I have nobody caring or loving or whatever that is around me as literally everyone is the way I described which is why I am so harsh on myself, it MUST be me for everyone to feel the same way towards me. Some people have blatantly told me they don't like me and when I ask why they always say they just don't.

So does everyone still believe I am blaming everyone else instead of myself for my problems? Or that I am the problem when I sense bad body language towards me. I'd say I have a very valid reason for being so sensitive and fragile and being hurt even by a slight word?
 
I believe that you are surrounded by unhealthy, invalidating people.

I know what that is like.

We cannot help nor change those people.

But you can change how much you interact with them, how you interact with them, and start standing by yourself even if nobody else in real life is.

It begins by choosing to stop shaming, blaming, and hating on yourself.

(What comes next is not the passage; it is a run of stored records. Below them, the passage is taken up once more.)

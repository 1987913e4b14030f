-- ===== src/Task/Tests.antt =====
-- A task on a concrete adapter, its runs, and the theorems about tasks at them.
use agentmixer.Prelude.{◌⊎◌, String, ◌≡◌, refl, true, false, none, some, [], ◌∷◌}
use agentmixer.Prelude.Result.{ok}
use agentmixer.Validation.{checks}
use agentmixer.Validation.Data.{
  Value, null, boolean, string, object, plain, enumerable, Fields, end, field, nat, finite, codex,
}
use agentmixer.Validation.Digest.{matches_digest}
use agentmixer.Accounts.Rows.{Table, Lease, find_row, holds, upsert, update_rows}
use agentmixer.Accounts.Checks.{expiry, lease_from, validate_lease}
use agentmixer.Accounts.Slots.{IsKeyed}
use agentmixer.Accounts.Custody.{row_of}
use agentmixer.Accounts.{acquire, release, freed}
use agentmixer.Task.Records.{subscription, same_binding, same_text, authentication_eq}
use agentmixer.Task.Read.{
  closed_record, digest, route, model, profile, runtime, lease_snapshot, authority, limits, binding,
}
use agentmixer.Task.Receipts.{StopEvidence, Completion, completion, stop_evidence}
use agentmixer.Task.Guards.{
  Adapter, Broker, Arrival, Admission, admit, routes, has_duplicate_id, find_route,
}
use agentmixer.Task.Events.{
  cancelled, deadline_exceeded, fulfilled, Course, is_at_least, cancel_all, cleanup_from,
  final_reason,
}
use agentmixer.Task.Leases.{IsReady, admit-IsReady}
use agentmixer.Task.Custody.{IsKept, IsUninvoked, IsStopped, task_custody}
use agentmixer.Task.Results.{
  IsResult, execute-IsResult, execute_finishes, IsEvidence, stop_evidence_lem,
}
use agentmixer.Task.Cancels.{first_reason}
use agentmixer.Task.{
  TaskResult, lease_input, expected_binding, run_agent_task, execute, start, timing_of,
  final_completion,
}

task : Unit {0}
unfolding checks matches_digest acquire release find_row holds upsert update_rows expiry lease_from
    validate_lease same_binding same_text authentication_eq closed_record digest route model profile
    runtime lease_snapshot authority limits binding completion stop_evidence admit routes
    has_duplicate_id find_route is_at_least cancel_all cleanup_from execute start run_agent_task
task = tt

abbrev hash : String
hash = "0123456789abcdef0123456789abcdef0123456789abcdef0123456789abcdef"

-- an object with enumerable fields
abbrev with_field : String → Value → Fields → Fields
with_field k v fs = field k enumerable v fs

abbrev route_value : Value
route_value = object plain (
    with_field "id" (string "codex-main") (
      with_field "provider" (string "codex")
        (with_field "authentication" (string "subscription") end)))

abbrev profile_value : Value
profile_value = object plain (
    with_field "id" (string "editor")
      (with_field "version" (nat 2) (with_field "digest" (string hash) end)))

abbrev model_value : Value
model_value = object plain (
    with_field "id" (string "best")
      (with_field "reasoningEffort" null (with_field "serviceTier" null end)))

abbrev limits_value : Value
limits_value = object plain (
    with_field "maxRunMs" (nat 5000)
      (with_field "maxCleanupMs" (nat 1000) (with_field "maxOutputBytes" (nat 64) end)))

abbrev input : Value
input = object plain (
    with_field "route" route_value (
      with_field "accountId" (string "work") (
        with_field "workspaceId" (string "contact") (
          with_field "runId" (string "run-1") (
            with_field "profile" profile_value (
              with_field "model" model_value (
                with_field "purpose" (string "edit") (
                  with_field "prompt" (string "hello") (
                    with_field "limits" limits_value
                      (with_field "signal" (object plain end) end))))))))))

abbrev controls_value : Value
controls_value = object plain (
    with_field "noCommandTools" (boolean true) (
      with_field "exactToolInventory" (boolean true) (
        with_field "workspaceReadIsolation" (boolean true) (
          with_field "workspaceWriteIsolation" (boolean true) (
            with_field "isolatedConfiguration" (boolean true) (
              with_field "authOutsideWorkspace" (boolean true)
                (with_field "hostBrokerOnly" (boolean true) end)))))))

abbrev qualification : Value
qualification = object plain (
    with_field "status" (string "qualified") (
      with_field "route" route_value (
        with_field "profile" profile_value (
          with_field "runtimeVersion" (string "0.153.4") (
            with_field "runtimeDigest" (string hash) (
              with_field "evidenceDigest" (string hash) (
                with_field "expiresAt" (nat 900000)
                  (with_field "controls" controls_value end))))))))

abbrev adapter : Adapter
adapter = record {
  route = route_value;
  runtime =
      object plain
        (with_field "version" (string "0.153.4") (with_field "digest" (string hash) end));
  qualification = qualification;
  callable = true;
}

abbrev broker : Broker
broker = record {
  profile = record { id = "editor"; version = 2; digest = hash };
  registered = true;
  workspace_id = "contact";
  run_id = "run-1";
}

abbrev arrival : Arrival
arrival = record {
  began = nat 1000;
  admitted = nat 1001;
  is_signal = true;
  aborted = false;
  active = true;
}

abbrev admission : Admission
admission = record {
  began = 1000;
  total = 6000;
  request = record {
    route = record { id = "codex-main"; provider = codex; authentication = subscription };
    account_id = "work";
    workspace_id = "contact";
    run_id = "run-1";
    profile = record { id = "editor"; version = 2; digest = hash };
    model = record { id = "best"; reasoning_effort = none; service_tier = none };
    purpose = "edit";
    prompt = "hello";
    limits = record { max_run_ms = 5000; max_cleanup_ms = 1000; max_output_bytes = 64 };
    authority = none;
  };
  adapter = adapter;
  proof = record {
    runtime_version = "0.153.4";
    runtime_digest = hash;
    evidence_digest = hash;
    qualification_expires_at = 900000;
  };
}

abbrev lease : Lease
lease = record {
  provider = codex;
  account_id = "work";
  owner = "run-1";
  generation = 1;
  expires_at = 7000;
}

abbrev held : Table
held = row_of lease ∷ []

admitted : admit (adapter ∷ []) arrival input broker ≡ ok admission
unfolding task
admitted = refl

acquired : acquire (lease_input admission) [] ≡ (ok lease, held)
unfolding task
acquired = refl

abbrev lease_value : Value
lease_value = object plain (
    with_field "provider" (string "codex") (
      with_field "accountId" (string "work") (
        with_field "owner" (string "run-1")
          (with_field "generation" (nat 1) (with_field "expiresAt" (nat 7000) end)))))

abbrev runtime_value : Value
runtime_value = object plain (
    with_field "runtimeVersion" (string "0.153.4") (
      with_field "runtimeDigest" (string hash) (
        with_field "evidenceDigest" (string hash)
          (with_field "qualificationExpiresAt" (nat 900000) end))))

-- the fields of a receipt that bind it to the task, before the rest
abbrev bound : Fields → Value
bound rest = object plain (
    with_field "route" route_value (
      with_field "accountId" (string "work") (
        with_field "workspaceId" (string "contact") (
          with_field "runId" (string "run-1") (
            with_field "profile" profile_value (
              with_field "model" model_value (
                with_field "runtime" runtime_value
                  (with_field "accountLease" lease_value rest))))))))

abbrev evidence_value : Value
evidence_value = bound (
    with_field "processStopped" (boolean true) (
      with_field "controllersStopped" (boolean true) (
        with_field "joined" (boolean true)
          (with_field "stoppedAtUnixMs" (nat 3000) (with_field "proofDigest" (string hash) end)))))

abbrev usage_value : Value
usage_value = object plain (
    with_field "inputTokens" (nat 10) (
      with_field "outputTokens" null
        (with_field "totalTokens" null (with_field "costUsd" null end))))

abbrev completion_value : Value
completion_value = bound (
    with_field "output" (string "done") (
      with_field "usage" usage_value (
        with_field "outcome"
          (object plain (with_field "status" (string "completed") (with_field "code" null end)))
          end)))

abbrev course : Course
course = record {
  aborted = false;
  checked_at = finite false 1002 0;
  active = true;
  running = [];
  settled = fulfilled completion_value;
  settled_at = finite false 2500 0;
  stop_reading = nat 2500;
  late_abort = false;
  evidence = some evidence_value;
  closed = true;
  joined_at = nat 3100;
  elsewhere = λ t. t;
  closed_last = true;
}

abbrev evidence : StopEvidence
evidence = record {
  binding = expected_binding admission lease;
  stopped_at = 3000;
  proof_digest = hash;
}

abbrev done : Completion
done = record {
  binding = expected_binding admission lease;
  output = some "done";
  usage = record {
    input_tokens = some 10;
    output_tokens = none;
    total_tokens = none;
    cost_usd = none;
  };
  outcome = record { status = string "completed"; code = none };
}

accepted : stop_evidence evidence_value (expected_binding admission lease) 1000 3100 ≡ ok evidence
unfolding task
accepted = refl

stop_evidence_lem_example :
    IsEvidence evidence_value (expected_binding admission lease) 1000 3100 evidence
stop_evidence_lem_example =
    stop_evidence_lem evidence_value (expected_binding admission lease) 1000 3100 evidence accepted

abbrev finished : TaskResult
finished = record { completion = done; stop = evidence; timing = timing_of admission 3500 3100 }

abbrev freed_table : Table
freed_table = freed (row_of lease) ∷ []

executed : execute admission lease course held ≡ (ok finished, freed_table)
unfolding task
executed = refl

execute-IsResult_example : IsResult admission lease course finished
execute-IsResult_example =
    execute-IsResult admission lease course held freed_table finished executed

held-IsKeyed : IsKeyed held
unfolding task
held-IsKeyed = (refl, tt)

execute_finishes_example :
    let (result, after) = execute admission lease course held in
    (result
      ≡ ok (record {
        completion = final_completion false none done;
        stop = evidence;
        timing = timing_of admission 3500 3100;
      }))
    × (find_row codex "work" after ≡ some (freed (row_of lease)))
unfolding is_at_least cancel_all
execute_finishes_example =
    execute_finishes admission lease course held 3500 3100 evidence_value evidence done
      (unfold task in refl) (unfold task in refl) refl refl accepted (unfold task in refl)
      held-IsKeyed (unfold task in refl) (unfold task in refl)

-- an adapter that cannot show that it stopped
abbrev lost : Course
lost = record course { evidence = none }

task_custody_example :
    IsKept
      (IsUninvoked admission lost ⊎ IsStopped admission lease lost)
      lease
      (run_agent_task (adapter ∷ []) arrival lost input broker []).1
task_custody_example =
    task_custody (adapter ∷ []) arrival lost input broker [] held admission lease admitted acquired
      held-IsKeyed (unfold task in refl)

abbrev late_arrival : Arrival
late_arrival = record arrival { aborted = true }

admit-IsReady_example : IsReady (adapter ∷ []) arrival broker admission
admit-IsReady_example = admit-IsReady (adapter ∷ []) arrival input broker admission admitted

-- the user cancels, then the timer fires
abbrev stormy : Course
stormy = record course {
  running =
      record { reason = cancelled; reading = nat 2000 }
      ∷ record { reason = deadline_exceeded; reading = nat 6000 }
      ∷ [];
}

first_reason_example : final_reason admission stormy ≡ some cancelled
first_reason_example =
    first_reason admission stormy (record { reason = cancelled; reading = nat 2000 })
      (record { reason = deadline_exceeded; reading = nat 6000 } ∷ []) refl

Keep reading, sharing, and speaking kindly to yourself. You're doing great!
 
SilentWhisper- I want to ask you a question, but I am afraid that it may come across wrong. I do not want for that to happen, so please understand my intention while I ask this. I do not know you outside of this forum, and I am only aware of what picture you offer to us through your words. I do not want to presume to know anything about you, or to insinuate anything about you. I am asking this because I want to get a bigger picture of who you are and how you think about things. This is not meant to come across as blame, not for one single moment. So please, do not take it as such.

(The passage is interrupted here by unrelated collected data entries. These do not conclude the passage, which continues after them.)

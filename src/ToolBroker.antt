-- ===== src/ToolBroker.antt =====
-- src/broker.ts: the broker that `createToolBroker` makes for one run of one workspace. Its calls are
-- in one order, so a call is a step on the effects so far. The host's files, web and messages are
-- one parameter, `host`; the copy through JSON, Unicode's letters and the URL parser are others.
pub mod Paths
pub mod Scope
pub mod Confined
pub mod Tests
use agentmixer.Prelude.{
  ℕ, ◌*◌, String, ◌==◌, Bool, true, false, not, ◌&&◌, ◌||◌, Option, none, some, List, [], ◌∷◌, ◌++◌,
  all, any, includes, length, if◌then◌else◌,
}
use agentmixer.Prelude.Result.{Result, ok, err}
use agentmixer.Prelude.Exec.{Exec, ◌>>=◌, ◌>>◌, pure, throw, lift, assert, modify, get_state}
use agentmixer.Validation.Data.{
  Value, undefined, null, string, object, Proto, Attr, Fields, end, field, get, nat,
}
use agentmixer.Validation.{as_object, bounded_text, identifier, safe_integer}
use agentmixer.ToolBroker.Paths.{Url, relative_file, public_https_url}

-- `BROKER_TOOL_NAMES`
abbrev pub tool_names : List String
tool_names =
    "files.read" ∷ "files.write" ∷ "web.fetch" ∷ "messages.propose_text"
    ∷ "messages.propose_reaction" ∷ "messages.propose_attachment" ∷ []

-- `MessageOperation`
pub data Operation : Type 0 where
  text_message : (text key : String) → Operation
  reaction : (message_id kind key : String) → Operation
  attachment : (path caption key : String) → Operation

-- a call of the host
pub data Effect : Type 0 where
  reading : (workspace path : String) → Effect
  writing : (workspace path text : String) (expected : Option String) → Effect
  fetching : (url : String) (max_bytes : ℕ) → Effect
  staging : (workspace run : String) → Operation → Effect

pub record ToolBroker : Type 0 where
  pub workspace_id : String
  pub run_id : String
  pub tools : List String

pub record World : Type 0 where
  pub revoked : Bool
  pub effects : List Effect

-- what the host says when a call starts, before it stages, and after an effect
pub record Moments : Type 0 where
  pub before : Bool
  pub staged : Bool
  pub after : Bool

unfoldable pub repeats : List String → Bool
repeats [] = false
repeats (n ∷ names) = includes names n || repeats names

-- `createToolBroker`, with the tools that are allowed
unfoldable pub create_tool_broker :
    (workspace run : Value) → Option (List String) → Result ToolBroker
unfolding repeats
create_tool_broker workspace run allowed =
    let names : List String = elim allowed [ none ↦ tool_names | some given ↦ given ] in
    elim (identifier workspace) [
      | err e ↦ err e
      | ok w ↦ elim (identifier run) [
        | err e ↦ err e
        | ok r ↦
            if repeats names || any (λ name. not (includes tool_names name)) names
            then err "INVALID_TOOL_SET"
            else ok (record { workspace_id = w; run_id = r; tools = names })
      ]
    ]

-- `assertActive`
abbrev pub assert_active : Bool → Exec World (Unit {0})
assert_active active = do w ← get_state; assert (not w.revoked && active) "RUN_REVOKED"

abbrev pub revoke : World → World
revoke w = record w { revoked = true }

abbrev answer_of : String → String → Fields → Fields
answer_of key text rest = field key Attr.enumerable (string text) rest

abbrev pub reactions : List String
reactions = "love" ∷ "like" ∷ "dislike" ∷ "laugh" ∷ "emphasize" ∷ "question" ∷ []

abbrev reaction_kind : Value → Result String
reaction_kind (string s) = if includes reactions s then ok s else err "UNSUPPORTED_REACTION"
reaction_kind _ = err "UNSUPPORTED_REACTION"

-- the revision that a write expects, which may be null
abbrev expected_revision : Value → Result (Option String)
expected_revision null = ok none
expected_revision v = elim (bounded_text v 160 false) [ ok s ↦ ok (some s) | err e ↦ err e ]

abbrev max_bytes_of : Value → Result ℕ
max_bytes_of undefined = ok 65536
max_bytes_of v = safe_integer v 1 262144

module _ (host : Effect → Result Fields) (json_copy : Value → Option Value) (is_letter : ℕ → Bool)
    (parse_url : String → Option Url) (lower : String → String) (broker : ToolBroker) where
  -- a call of the host, which may throw
  abbrev pub perform : Effect → Exec World Fields
  perform effect = do
    modify (λ w. record w { effects = w.effects ++ effect ∷ [] })
    lift (host effect)

  -- `stage`
  unfoldable pub stage : Moments → Operation → Exec World Value
  stage at operation = do
    assert_active at.staged
    staged ← perform (staging broker.workspace_id broker.run_id operation)
    intent ← lift (identifier (get staged "intentId"))
    pure (object Proto.plain (answer_of "intentId" intent end))

  unfoldable pub read_file : Moments → Value → Exec World Value
  read_file at raw = do
    input ← lift (as_object raw ("path" ∷ []))
    path ← lift (relative_file is_letter (get input "path"))
    reply ← perform (reading broker.workspace_id path)
    assert_active at.after
    text ← lift (bounded_text (get reply "text") 262144 true)
    revision ← lift (bounded_text (get reply "revision") 160 false)
    pure (object Proto.plain (answer_of "text" text (answer_of "revision" revision end)))

  unfoldable pub write_file : Moments → Value → Exec World Value
  write_file at raw = do
    input ← lift (as_object raw ("path" ∷ "text" ∷ "expectedRevision" ∷ []))
    expected ← lift (expected_revision (get input "expectedRevision"))
    path ← lift (relative_file is_letter (get input "path"))
    text ← lift (bounded_text (get input "text") 262144 true)
    reply ← perform (writing broker.workspace_id path text expected)
    assert_active at.after
    revision ← lift (bounded_text (get reply "revision") 160 false)
    pure (object Proto.plain (answer_of "revision" revision end))

  unfoldable pub fetch_web : Moments → Value → Exec World Value
  fetch_web at raw = do
    input ← lift (as_object raw ("url" ∷ "maxBytes" ∷ []))
    url ← lift (public_https_url parse_url lower (get input "url"))
    max_bytes ← lift (max_bytes_of (get input "maxBytes"))
    reply ← perform (fetching url max_bytes)
    assert_active at.after
    text ← lift (bounded_text (get reply "text") max_bytes true)
    final ← lift (public_https_url parse_url lower (get reply "url"))
    pure (object Proto.plain (answer_of "text" text (answer_of "url" final end)))

  unfoldable pub propose_text : Moments → Value → Exec World Value
  unfolding stage
  propose_text at raw = do
    input ← lift (as_object raw ("text" ∷ "idempotencyKey" ∷ []))
    text ← lift (bounded_text (get input "text") 16384 false)
    key ← lift (identifier (get input "idempotencyKey"))
    stage at (text_message text key)

  unfoldable pub propose_reaction : Moments → Value → Exec World Value
  unfolding stage
  propose_reaction at raw = do
    input ← lift (as_object raw ("messageId" ∷ "reaction" ∷ "idempotencyKey" ∷ []))
    kind ← lift (reaction_kind (get input "reaction"))
    id ← lift (identifier (get input "messageId"))
    key ← lift (identifier (get input "idempotencyKey"))
    stage at (reaction id kind key)

  unfoldable pub propose_attachment : Moments → Value → Exec World Value
  unfolding stage
  propose_attachment at raw = do
    input ← lift (as_object raw ("path" ∷ "caption" ∷ "idempotencyKey" ∷ []))
    path ← lift (relative_file is_letter (get input "path"))
    caption ← lift (bounded_text (get input "caption") 16384 true)
    key ← lift (identifier (get input "idempotencyKey"))
    stage at (attachment path caption key)

  -- the `switch` on the name
  unfoldable pub handle : Moments → String → Value → Exec World Value
  unfolding read_file write_file fetch_web propose_text propose_reaction propose_attachment
  handle at name raw =
      if name == "files.read"
      then read_file at raw
      else if name == "files.write"
      then write_file at raw
      else if name == "web.fetch"
      then fetch_web at raw
      else if name == "messages.propose_text"
      then propose_text at raw
      else if name == "messages.propose_reaction"
      then propose_reaction at raw
      else if name == "messages.propose_attachment"
      then propose_attachment at raw
      else throw "TOOL_DENIED"

  abbrev pub allowed_name : Value → Result String
  allowed_name (string name) = if includes broker.tools name then ok name else err "TOOL_DENIED"
  allowed_name _ = err "TOOL_DENIED"

  unfoldable pub dispatch : Moments → (name raw : Value) → Exec World Value
  unfolding handle
  dispatch at name raw = do
    assert_active at.before
    tool ← lift (allowed_name name)
    handle at tool raw

  -- a call with its copied input
  abbrev pub dispatch_copy : Moments → Value → Option Value → Exec World Value
  dispatch_copy at name none = throw "INVALID_TOOL_INPUT"
  dispatch_copy at name (some raw) = dispatch at name raw

  unfoldable pub invoke : Moments → (name input : Value) → Exec World Value
  unfolding dispatch
  invoke at name input = dispatch_copy at name (json_copy input)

It is clear that you have a problem with self image. I can understand that, as we all can. It is hard after feeling unwanted, or unloved to find a place in which we are valued. For me, I was in that place for a long time. Nobody loved me, nobody cared, nobody bothered. I felt that I was a burden, a nuisance. I read body language, I heard how I was treated with words, and it seemed different to me. I was being treated differently. And one day, somebody took a chance on me, and he looked at me and he said "Do you know that your body language is all defensive and hostile?"

I did the whole head snap thing, what? Are you kidding me? Well, ok, I stood there with my arms crossed, scowl on my face that was a declaration of the fact that the world hated me- but it looked to everyone else like I hated them. This friend of mine, opened my eyes to the idea that I had inherited the same behaviors that I had been given. I didn't realize it until then. He had needed to point it out to me. My knee jerk reaction was "How dare you, you don't know me, you don't know, you don't know..."

Yes, I was hurting. Yes, I was depressed. Yes, I felt no worth. Yes, I had the right to be mad and bitter. But you do not get better, you do not recover with mad and bitter. You need to want to recover because of mad and bitter rather than by embracing it. You recover by looking at a persons good intentions, questioning yourself by asking- is it possible that I/ you are actually behaving in that way, the way in which a wounded person carries themselves with their guard still up, and making people around you believe that you are not like-able, unintentionally?

I am not insinuating that you are like me. This is however, how it was for me before I had PTSD. I had to re-evaluate myself. Because I too blamed everyone for not liking me. Was it my own fault, no. I was damaged. But, I did have a different choice that I could make if I wanted to. I had no choice in the fact that I was hurting, but I could choose how I dealt with it.

There will be people in your life that will not like you. Maybe for no reason at all, just a difference in hormones, or compatibility, or whatever. I am very like-able, but I am also not very like-able. It depends on who it is that is standing beside me which determines if they are compatible with me, and me with them. This is natural. You probably know someone that you do not like, without knowing why. Not really anyways.

But for the record, I like you. You deserve to feel loved. Please be kind to yourself.